CKD, associated with a high cost of care, is forecasted to become the fifth leading cause of death worldwide by 2040 [23]. Treatment with the RASIs is still the major clinical strategy after years of effort [4]. As such, further exploration of safety and efficacy treatment is necessary. Traditional Chinese medicine, due to its safety and efficacy, has been widely used for clinical application over thousands of years. Chinese herbal medicines combined with western medicine (such as RASIs) has become a complementary therapy for patients with CKD in decades [7, 24]. According to TCM theory, deficiency of Qi with blood stasis, refer to as “Qi-Xu-Xue-Yu”, is the common syndrome mode throughout various causes of CKDs. Therefore, reinforcing Qi and activating blood circulation is one of the basic principles of TCM applying for the CKD treatment [25]. Decoction is a conjunct form of Chinese herbal medicines. HDD is composed of Astragali Radix (Huang-qi), which conduced to reinforce Qi, and Salviae Miltiorrhizae Radix et Rhizoma (Dan-shen), which conduced to activate blood circulation. The present study showed the protective effect of HDD combined with PE in adenine-induced CKD rats. In CKD rats, significantly increased Scr and BUN concentrations were observed, which were consistent with the previous reports [26, 27]. Moreover, histological analysis exhibited distinct tubular atrophy and tubulointerstitial fibrosis in CKD rats. The apparently reversion of renal function reduces and histology by the combination treatment indicated that HDD in combination with PE could protect renal injury in adenine-induced CKD rats.
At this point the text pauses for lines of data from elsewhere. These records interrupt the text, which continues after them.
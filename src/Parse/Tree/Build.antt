-- ===== src/Parse/Tree/Build.antt =====
-- The tree that do_msg_tree of src/parse.c makes, and what tree_parse finds in it.
use igniteircd.Prelude.{
  ℕ, ◌<◌, ◌≡◌, refl, ap, ◌∙◌, false, Option, none, some, List, [], ◌∷◌, Text, length, if◌then◌else◌,
  All, arith,
}
use igniteircd.Chars.Tables.{IsChar}
use igniteircd.Mask.Compare.{same_name}
use igniteircd.Parse.Tree.{
  Entry, MessageTree, node, no_final, starts, goes_on, pointers_of, built, branch, do_msg_tree,
  newpref_size, whole_table, init_tree_parse, tree_parse,
}
use igniteircd.Parse.Tree.Order.{run, beyond, longer, IsSorted}
use igniteircd.Parse.Tree.Visit.{same_name-nil, find, Capital}
use igniteircd.Parse.Tree.Letter.{AllCapital}
use igniteircd.Parse.Tree.Loop.{IsTable}
use igniteircd.Parse.Tree.Grow.{no_final-Grows, do_msg_tree-Grows}

run-nil : (entries : List Entry) → run [] entries ≡ entries
unfolding starts
run-nil [] = refl
run-nil (e ∷ entries) = ap (◌∷◌ e) (run-nil entries)

beyond-nil : (entries : List Entry) → beyond [] entries ≡ []
unfolding starts
beyond-nil [] = refl
beyond-nil (e ∷ entries) = beyond-nil entries

-- The first entry whose command is the text up to case.
abbrev pub find_command : List Entry → Text → Option ℕ
find_command [] s = none
find_command (e ∷ entries) s = if same_name e.cmd s then some e.msg else find_command entries s

find_command_lem : (entries : List Entry) (s : Text) → find 0 entries s ≡ find_command entries s
find_command_lem [] s = refl
find_command_lem (e ∷ entries) s =
    ap (λ o. if same_name e.cmd s then some e.msg else o) (find_command_lem entries s)

whole_table_lem :
    (t : MessageTree) (left : List Entry) → left ≡ [] → whole_table (built t left) ≡ some t
unfolding whole_table
whole_table_lem t [] e = refl
whole_table_lem t (d ∷ left) e = cc

not_empty : (s : Text) → All Capital s → 0 < length s → same_name s [] ≡ false
not_empty [] a h = absurd (omega arith)
not_empty (c ∷ s) a h = same_name-nil c s a.0

-- For a table of two or more commands in capital letters, strictly in the order of strcmp, none
-- of them empty and each shorter than newpref, init_tree_parse makes a tree, and tree_parse finds
-- in it the entry that a search through the table finds by irccmp. The text looked for holds
-- bytes and no NUL.
pub tree_parse_lem :
    (e d : Entry) (entries : List Entry) (s : Text)
    → IsSorted (e ∷ d ∷ entries)
    → AllCapital (e ∷ d ∷ entries)
    → All (λ e. length e.cmd < newpref_size) (e ∷ d ∷ entries)
    → 0 < length e.cmd
    → All IsChar s
    → (t : MessageTree) × (init_tree_parse (e ∷ d ∷ entries) ≡ some t)
      × (tree_parse t s ≡ find_command (e ∷ d ∷ entries) s)
unfolding init_tree_parse do_msg_tree branch starts goes_on tree_parse pointers_of
tree_parse_lem e d entries s sorted capital short some_letter hs =
    let f = not_empty e.cmd capital.0 some_letter in
    let h : IsTable 64 [] (e ∷ d ∷ entries) = record {
      sorted = sorted;
      capital = capital;
      fits = short;
    } in
    let (pointers, made, found) =
      no_final-Grows (do_msg_tree 63) 63 [] e (d ∷ entries) h refl f
        (λ c later h' g'. do_msg_tree-Grows 63 (longer [] c) later h' g') in
    let t = node no_final 0 pointers in
    (
      t,
      rw f (
          ap whole_table made
          ∙ whole_table_lem t (beyond [] (d ∷ entries)) (beyond-nil (d ∷ entries))),
      found s hs
          ∙ ap (λ l. find 0 (e ∷ l) s) (run-nil (d ∷ entries))
          ∙ find_command_lem (e ∷ d ∷ entries) s,
    )
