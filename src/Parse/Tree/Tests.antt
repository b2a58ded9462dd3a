-- ===== src/Parse/Tree/Tests.antt =====
-- The prefix tree of src/parse.c on a table of four commands.
use igniteircd.Prelude.{◌≡◌, some, ◌∷◌, codes, arith}
use igniteircd.Parse.Tree.{MessageTree, init_tree_parse, tree_parse}
use igniteircd.Parse.Tree.Build.{tree_parse_lem, find_command}
use igniteircd.Parse.Tree.Samples.{nick, notice, others, sorted, capital, short}

tree_parse_lem_example :
    (t : MessageTree) × (init_tree_parse (nick ∷ notice ∷ others) ≡ some t)
    × (tree_parse t (codes "operWall") ≡ find_command (nick ∷ notice ∷ others) (codes "operWall"))
tree_parse_lem_example =
    tree_parse_lem nick notice others (codes "operWall") sorted capital short (omega arith)
      (ground arith)
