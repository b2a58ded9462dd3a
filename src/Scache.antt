-- ===== src/Scache.antt =====
-- src/scache.c: the server names, each kept once. An entry is its address, its text a function of
-- the address; `scache_hash` is the chain of each index.
pub mod Laws
mod Tests
use igniteircd.Prelude.{
  ℕ, zero, suc, ◌+◌, ◌%◌, Bool, true, false, Option, none, some, List, [], ◌∷◌, Text, length, take,
  ◌==◌, if◌then◌else◌,
}
use igniteircd.Chars.Tables.{to_lower}
use igniteircd.Mask.Compare.{same_name}
use igniteircd.Channel.{set}

abbrev pub scache_hash_size : ℕ
scache_hash_size = 257

abbrev pub hostlen : ℕ
hostlen = 63

pub record Cache : Type 0 where
  pub scache_hash : ℕ → List ℕ
  pub name : ℕ → Text

pub clear_scache_hash_table : Cache → Cache
clear_scache_hash_table c = record c { scache_hash = λ i. [] }

pub hash_loop : ℕ → Text → ℕ
hash_loop hash_value [] = hash_value
hash_loop hash_value (c ∷ string) = hash_loop (hash_value + to_lower c) string

pub hash : Text → ℕ
hash string = hash_loop 0 string % scache_hash_size

-- The loop along a chain.
pub find : Cache → Text → List ℕ → Option ℕ
find c name [] = none
find c name (ptr ∷ chain) = if same_name (c.name ptr) name then some ptr else find c name chain

-- `fresh` is the address that MyMalloc returns.
pub add : Cache → Text → ℕ → Cache
add c name fresh = record {
  scache_hash = set c.scache_hash (hash name) (fresh ∷ c.scache_hash (hash name));
  name = set c.name fresh (take hostlen name);
}

pub found_or_added : Cache → Text → ℕ → Option ℕ → Cache × ℕ
found_or_added c name fresh (some ptr) = (c, ptr)
found_or_added c name fresh none = (add c name fresh, fresh)

pub find_or_add : Cache → Text → ℕ → Cache × ℕ
find_or_add c name fresh = found_or_added c name fresh (find c name (c.scache_hash (hash name)))
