-- ===== src/Scache/Laws.antt =====
-- Names that are one up to case have one entry in src/scache.c.
use igniteircd.Prelude.{
  ℕ, ◌+◌, ◌%◌, ◌≤◌, ◌≡◌, refl, sym, ap, ◌∙◌, inl, inr, Bool, true, false, some, List, [], ◌∷◌, Text,
  length, take, take_all, All, Bool-cases, Option-cases, arith, subst,
}
use igniteircd.Chars.Tables.{to_lower, IsChar}
use igniteircd.Chars.Folding.{to_lower-eq_iff_to_upper}
use igniteircd.Mask.Compare.{same_name}
use igniteircd.Mask.Compare.Laws.{
  SameFolding, same_name_iff, same_name_refl, folded_heads, folded_tails,
}
use igniteircd.Channel.Set.{set_at}
use igniteircd.Scache.{Cache, hash_loop, hash, find, add, found_or_added, find_or_add, hostlen}

hash_loop-fold :
    (v : ℕ) (s t : Text)
    → All IsChar s
    → All IsChar t
    → SameFolding s t
    → hash_loop v s ≡ hash_loop v t
unfolding hash_loop
hash_loop-fold v [] [] hs ht e = refl
hash_loop-fold v [] (d ∷ t) hs ht e = cc
hash_loop-fold v (c ∷ s) [] hs ht e = cc
hash_loop-fold v (c ∷ s) (d ∷ t) hs ht e =
    let low : to_lower c ≡ to_lower d =
      (to_lower-eq_iff_to_upper c d hs.0.1 ht.0.1).1 (folded_heads e) in
    rw low (hash_loop-fold (v + to_lower d) s t hs.1 ht.1 (folded_tails e))

pub hash-fold : (s t : Text) → All IsChar s → All IsChar t → same_name s t ≡ true → hash s ≡ hash t
unfolding hash
hash-fold s t hs ht e =
    ap (λ v. v % 257) (hash_loop-fold 0 s t hs ht ((same_name_iff s t hs ht).0 e))

equal_tests : (a b : Bool) → (a ≡ true → b ≡ true) → (b ≡ true → a ≡ true) → a ≡ b
equal_tests true b f g = sym (f refl)
equal_tests false true f g = g refl
equal_tests false false f g = refl

-- An entry is found by one name exactly if it is found by the other.
same_test :
    (x s t : Text)
    → All IsChar x
    → All IsChar s
    → All IsChar t
    → same_name s t ≡ true
    → same_name x s ≡ same_name x t
same_test x s t hx hs ht e =
    let folding = (same_name_iff s t hs ht).0 e in
    equal_tests (same_name x s) (same_name x t)
      (λ h. (same_name_iff x t hx ht).1 ((same_name_iff x s hx hs).0 h ∙ folding))
      (λ h. (same_name_iff x s hx hs).1 ((same_name_iff x t hx ht).0 h ∙ sym folding))

-- All texts of the cache hold bytes and no NUL.
abbrev pub HoldsText : Cache → Type 0
HoldsText c = (ptr : ℕ) → All IsChar (c.name ptr)

find-fold :
    (c : Cache) (s t : Text) (chain : List ℕ)
    → HoldsText c
    → All IsChar s
    → All IsChar t
    → same_name s t ≡ true
    → find c s chain ≡ find c t chain
unfolding find
find-fold c s t [] h hs ht e = refl
find-fold c s t (ptr ∷ chain) h hs ht e =
    rw (same_test (c.name ptr) s t (h ptr) hs ht e, find-fold c s t chain h hs ht e) refl

find-same :
    (c : Cache) (s : Text) (chain : List ℕ) (ptr : ℕ)
    → find c s chain ≡ some ptr
    → same_name (c.name ptr) s ≡ true
unfolding find
find-same c s [] ptr e = cc
find-same c s (q ∷ chain) ptr e = elim (Bool-cases (same_name (c.name q) s)) [
  | inl t ↦
      let at : q ≡ ptr = ground (arith, e, t) in subst (λ p. same_name (c.name p) s ≡ true) at t
  | inr f ↦ find-same c s chain ptr (ground (arith, e, f))
]

-- The entry that a name is found at is found by the other name, in a chain that starts with it.
find-head :
    (c : Cache) (t : Text) (ptr : ℕ) (chain : List ℕ)
    → same_name (c.name ptr) t ≡ true
    → find c t (ptr ∷ chain) ≡ some ptr
unfolding find
find-head c t ptr chain e = rw e refl

add-name : (c : Cache) (s : Text) (fresh : ℕ) → length s ≤ hostlen → (add c s fresh).name fresh ≡ s
unfolding add
add-name c s fresh short = set_at c.name fresh (take hostlen s) ∙ take_all hostlen s short

add-found :
    (c : Cache) (s t : Text) (fresh : ℕ)
    → length s ≤ hostlen
    → hash s ≡ hash t
    → same_name s t ≡ true
    → find (add c s fresh) t ((add c s fresh).scache_hash (hash t)) ≡ some fresh
unfolding add
add-found c s t fresh short e h =
    let c' = add c s fresh in
    let chain : c'.scache_hash (hash t) ≡ fresh ∷ c.scache_hash (hash s) =
      ap c'.scache_hash (sym e) ∙ set_at c.scache_hash (hash s) (fresh ∷ c.scache_hash (hash s)) in
    ap (find c' t) chain
    ∙ find-head c' t fresh (c.scache_hash (hash s))
        (ap (λ x. same_name x t) (add-name c s fresh short) ∙ h)

-- The cache keeps one entry for a name: the entry that find_or_add returns has the name it was
-- asked for, up to case, and a second call with the name, in whatever case, returns the same
-- entry and leaves the cache as it is, wherever MyMalloc would have put a new one. The name has
-- at most HOSTLEN characters; it and the names in the cache hold bytes and no NUL.
pub find_or_add_again :
    (c : Cache) (s t : Text) (fresh fresh' : ℕ)
    → HoldsText c
    → All IsChar s
    → All IsChar t
    → length s ≤ hostlen
    → same_name s t ≡ true
    → (same_name ((find_or_add c s fresh).0.name (find_or_add c s fresh).1) s ≡ true)
      × (find_or_add (find_or_add c s fresh).0 t fresh' ≡ find_or_add c s fresh)
unfolding find_or_add found_or_added
find_or_add_again c s t fresh fresh' hc hs ht short e =
    let same_hash = hash-fold s t hs ht e in
    elim (Option-cases (find c s (c.scache_hash (hash s)))) [
      | inr (ptr, f) ↦
          let again : find c t (c.scache_hash (hash t)) ≡ some ptr =
            ap (λ i. find c t (c.scache_hash i)) (sym same_hash)
            ∙ sym (find-fold c s t (c.scache_hash (hash s)) hc hs ht e)
            ∙ f in
          rw f (find-same c s (c.scache_hash (hash s)) ptr f, rw again refl)
      | inl n ↦
          let self = same_name_refl s in
          let name : (add c s fresh).name fresh ≡ s = add-name c s fresh short in
          rw n
            (ap (λ x. same_name x s) name ∙ self, rw (add-found c s t fresh short same_hash e) refl)
    ]
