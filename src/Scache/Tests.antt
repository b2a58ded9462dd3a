-- ===== src/Scache/Tests.antt =====
-- src/scache.c on an empty cache.
use igniteircd.Prelude.{◌≡◌, refl, true, [], codes, arith}
use igniteircd.Chars.Tables.{to_upper}
use igniteircd.Mask.Compare.{same_name}
use igniteircd.Scache.{Cache, find_or_add}
use igniteircd.Scache.Laws.{find_or_add_again}

abbrev empty : Cache
empty = record { scache_hash = λ i. []; name = λ ptr. [] }

find_or_add_again_example :
    (same_name
        ((find_or_add empty (codes "A.b") 5).0.name (find_or_add empty (codes "A.b") 5).1)
        (codes "A.b")
      ≡ true)
    × (find_or_add (find_or_add empty (codes "A.b") 5).0 (codes "a.B") 9
        ≡ find_or_add empty (codes "A.b") 5)
unfolding same_name to_upper
find_or_add_again_example =
    find_or_add_again empty (codes "A.b") (codes "a.B") 5 9 (λ ptr. ground arith) (ground arith)
      (ground arith) (omega arith) refl
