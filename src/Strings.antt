-- ===== src/Strings.antt =====
-- The string functions of src/irc_string.c that copy, clean and split texts.
pub mod Clean
pub mod Tokens
mod Tests
use igniteircd.Prelude.{
  ℕ, zero, suc, ◌+◌, ◌-◌, ◌/◌, ◌%◌, Bool, true, false, not, ◌||◌, Option, none, some, List, [], ◌∷◌,
  ◌++◌, Text, leb, ltb, ◌==◌, if◌then◌else◌,
}

-- The bytes written to `s1`: the NUL too, while there is room.
pub strncpy_irc : Text → ℕ → Text
strncpy_irc s2 zero = []
strncpy_irc [] (suc n) = 0 ∷ []
strncpy_irc (c ∷ s2) (suc n) = c ∷ strncpy_irc s2 n

-- `"\\%d"` of a byte above '~', which has three digits.
pub escape : ℕ → Text
escape c = b'\\' ∷ (b'0' + c / 100) ∷ (b'0' + (c / 10) % 10) ∷ (b'0' + c % 10) ∷ []

-- The loop, with `room` for `endp - d`.
pub clean_chars : ℕ → Text → Text
clean_chars room [] = []
clean_chars zero (c ∷ src) = []
clean_chars (suc room) (c ∷ src) =
    let caret = clean_chars (room - 1) src in
    let same = clean_chars (suc room) src in
    let escaped = clean_chars (suc room - 4) src in
    let plain = clean_chars room src in
    if ltb c b' '
    then b'^' ∷ (if ltb 0 room then (0x40 + c) ∷ caret else [])
    else if ltb b'~' c
    then (if ltb 4 (suc room) then escape c ++ escaped else same)
    else c ∷ plain

-- `len` is at least 1.
pub clean_string : Text → ℕ → Text
clean_string src len = clean_chars (len - 1) src

-- `strchr(fs, c) != NULL` for a character that is not the NUL.
pub is_sep : Text → ℕ → Bool
is_sep [] c = false
is_sep (f ∷ fs) c = (f == c) || is_sep fs c

pub skip_seps : Text → Text → Text
skip_seps fs [] = []
skip_seps fs (c ∷ pos) = let left = skip_seps fs pos in if is_sep fs c then left else c ∷ pos

-- The characters of the token, and what is left from the separator behind it on.
pub token : Text → Text → Text × Text
token fs [] = ([], [])
token fs (c ∷ pos) =
    let (t, left) = token fs pos in if is_sep fs c then ([], c ∷ pos) else (c ∷ t, left)

-- `if (*pos) *pos++ = '\0'; else pos = NULL;`
pub behind_sep : Text → Option Text
behind_sep [] = none
behind_sep (c ∷ pos) = some pos

pub found_token : Text → Text → Option Text × Option Text
found_token fs [] = (none, none)
found_token fs (c ∷ pos) = let (t, left) = token fs (c ∷ pos) in (some t, behind_sep left)

-- A string in `str` starts a new scan.
pub start_of : Option Text → Option Text → Option Text
start_of save none = save
start_of save (some str) = some str

pub scan_from : Text → Option Text → Option Text × Option Text
scan_from fs none = (none, none)
scan_from fs (some pos) = found_token fs (skip_seps fs pos)

-- The token, and `*save` afterwards.
pub strtoken : Option Text → Option Text → Text → Option Text × Option Text
strtoken save str fs = scan_from fs (start_of save str)
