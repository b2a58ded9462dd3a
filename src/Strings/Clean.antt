-- ===== src/Strings/Clean.antt =====
-- What the copies of src/irc_string.c write.
use igniteircd.Prelude.{
  ℕ, zero, suc, inl, inr, ◌+◌, ◌-◌, ◌/◌, ◌%◌, ◌<◌, ◌≤◌, ◌≡◌, refl, ap, subst, [], ◌∷◌, ◌++◌, Text,
  length, take, ltb, Bool-cases, All, arith,
}
use igniteircd.Chars.Tables.{IsChar}
use igniteircd.Strings.{strncpy_irc, escape, clean_chars, clean_string}

-- The part of an array that strncpy_irc writes is the text with its NUL if both fit, and as much
-- of the text as fits, without a NUL, if not.
pub strncpy_irc_lem : (s2 : Text) (n : ℕ) → strncpy_irc s2 n ≡ take n (s2 ++ 0 ∷ [])
unfolding strncpy_irc
strncpy_irc_lem s2 zero = refl
strncpy_irc_lem [] (suc zero) = refl
strncpy_irc_lem [] (suc (suc n)) = refl
strncpy_irc_lem (c ∷ s2) (suc n) = ap (◌∷◌ c) (strncpy_irc_lem s2 n)

abbrev pub IsPrintable : ℕ → Type 0
IsPrintable c = (b' ' ≤ c) × (c ≤ b'~')

-- A text of printable characters with a NUL in an array of so many bytes.
abbrev pub FitsIn : ℕ → Text → Type 0
FitsIn room s = (length s ≤ room) × All IsPrintable s

one_more :
    (room n : ℕ) (c : ℕ) (s : Text) → IsPrintable c → FitsIn n s → n < room → FitsIn room (c ∷ s)
one_more room n c s p h e = (omega (arith, h.0, e), (p, h.1))

alone : (room : ℕ) (c : ℕ) → IsPrintable c → FitsIn (suc room) (c ∷ [])
alone room c p = (omega arith, (p, tt))

-- A byte escaped by its three digits.
escape-FitsIn : (c : ℕ) (n : ℕ) (s : Text) → c < 256 → FitsIn n s → FitsIn (n + 4) (escape c ++ s)
unfolding escape
escape-FitsIn c n s h f =
    one_more (n + 4) (n + 3) b'\\' ((b'0' + c / 100) ∷ (b'0' + (c / 10) % 10) ∷ (b'0' + c % 10) ∷ s)
      (omega arith, omega arith)
      (one_more (n + 3) (n + 2) (b'0' + c / 100) ((b'0' + (c / 10) % 10) ∷ (b'0' + c % 10) ∷ s)
        (omega arith, omega (arith, h))
        (one_more (n + 2) (n + 1) (b'0' + (c / 10) % 10) ((b'0' + c % 10) ∷ s)
          (omega arith, omega arith)
          (one_more (n + 1) n (b'0' + c % 10) s (omega arith, omega arith) f (omega arith))
          (omega arith))
        (omega arith))
      (omega arith)

clean_chars-FitsIn : (room : ℕ) (src : Text) → All IsChar src → FitsIn room (clean_chars room src)
unfolding clean_chars
clean_chars-FitsIn room [] h = (omega arith, tt)
clean_chars-FitsIn zero (c ∷ src) h = (omega arith, tt)
clean_chars-FitsIn (suc room) (c ∷ src) h =
    let caret = clean_chars-FitsIn (room - 1) src h.1 in
    let same = clean_chars-FitsIn (suc room) src h.1 in
    let escaped = clean_chars-FitsIn (suc room - 4) src h.1 in
    let plain = clean_chars-FitsIn room src h.1 in
    elim (Bool-cases (ltb c b' ')) [
      | inl t ↦ elim (Bool-cases (ltb 0 room)) [
        | inl r ↦
            rw (t, r)
              (one_more (suc room) room b'^' ((0x40 + c) ∷ clean_chars (room - 1) src)
                (omega arith, omega arith)
                (one_more room (room - 1) (0x40 + c) _ (omega arith, ground (arith, t)) caret
                  (ground (arith, r)))
                (omega arith))
        | inr r ↦ rw (t, r) (alone room b'^' (omega arith, omega arith))
      ]
      | inr f ↦ elim (Bool-cases (ltb b'~' c)) [
        | inl t ↦ elim (Bool-cases (ltb 4 (suc room))) [
          | inl r ↦
              let e : suc room - 4 + 4 ≡ suc room = ground (arith, r) in
              rw (f, t, r)
                (subst (λ n. FitsIn n (escape c ++ clean_chars (suc room - 4) src)) e
                  (escape-FitsIn c (suc room - 4) (clean_chars (suc room - 4) src) h.0.1 escaped))
          | inr r ↦ rw (f, t, r) same
        ]
        | inr g ↦
            rw (f, g)
              (one_more (suc room) room c _ (ground (arith, f), ground (arith, g)) plain
                (omega arith))
      ]
    ]

-- Cleaning a text of any bytes into an array of so many places leaves room for the NUL and writes
-- printable characters only, however long the text is and wherever an escape falls.
pub clean_string-bounds :
    (src : Text) (len : ℕ)
    → All IsChar src
    → 0 < len
    → (length (clean_string src len) < len) × All IsPrintable (clean_string src len)
unfolding clean_string
clean_string-bounds src len h some_room =
    let fits = clean_chars-FitsIn (len - 1) src h in (omega (arith, fits.0, some_room), fits.1)
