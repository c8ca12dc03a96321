-- ===== src/Checks/Types.antt =====
-- compiler/checks.rs: the data.
use agent_receipts.Prelude.{ℕ, String, List, Option}

pub record CheckDefinition : Type 0 where
  pub id : String
  pub version : String
  pub command : List String
  pub covered_paths : List String
  pub eligible_claim_kinds : List String
  pub environment_class : String
  pub target_claims : List String
  pub negative_control_command : Option (List String)
  pub negative_control_expected_signature : Option String

pub record CheckManifest : Type 0 where
  pub manifest_version : ℕ
  pub checks : List CheckDefinition

pub record CheckAttemptRecord : Type 0 where
  pub format_version : String
  pub id : String
  pub check_id : String
  pub check_version : String
  pub target_claims : List String
  pub covered_paths : List String
  pub subject_digest : String
  pub dependency_lock_digest : String
  pub command_digest : String
  pub definition_digest : String
  pub environment_class : String
  pub environment_digest : String
  pub outcome : String
  pub failure_signature : Option String
  pub primary_receipt_id : String
  pub negative_control_receipt_id : Option String
  pub negative_control_outcome : Option String
  pub attempted_at : String
  pub prev_record_hash : String
  pub record_hash : String

pub record ClaimBinding : Type 0 where
  pub applicability : String
  pub outcome : String
  pub check_id : Option String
Mitochondria are extremely dynamics organelles, incessantly undergoing antagonistic two processes of fission and fusion, which composed the mitochondria dynamics [13]. Balanced mitochondria maintain mitochondria morphology, function, quality control and cellular homeostasis, while abnormal mitochondrial dynamics are linked with the various diseases, including cancer, neurodegenerative and cardia-cerebrovascular disease [28]. Excessed mitochondrial fission (moduated by Drp-1, Fis1, etc) was reported to promote tumorigenesis [29, 30]. Alternatively, impediment of mitochondrial fusion (ensured by OPA-1 and Mfn1/2) is associated peripheral neuropathy [31–33]. Emerging evidence has exhibited mitochondrial dynamics imbalance associated with the etiopathogenesis of renal diseases including diabetic nephropathy [34, 35] and acute kidney injury [36]. Accordingly, present study demonstrated that in the adenine-induced CKD rat model, compared with the decrease in OPA1 expression, Drp-1 expression was increased. In addition, this study presented that HDD in combination with PE had a certain trend of inhibitory effect on this imbalance by elevating the mitochondrial fusion and suppressing fission in adenine-induced CKD rats. Moreover, mitochondrial fragment in CKD model group was confirmed by transmission electron microscopy, whereas this morphologic anomaly significantly improved by the HDD and combination treatment.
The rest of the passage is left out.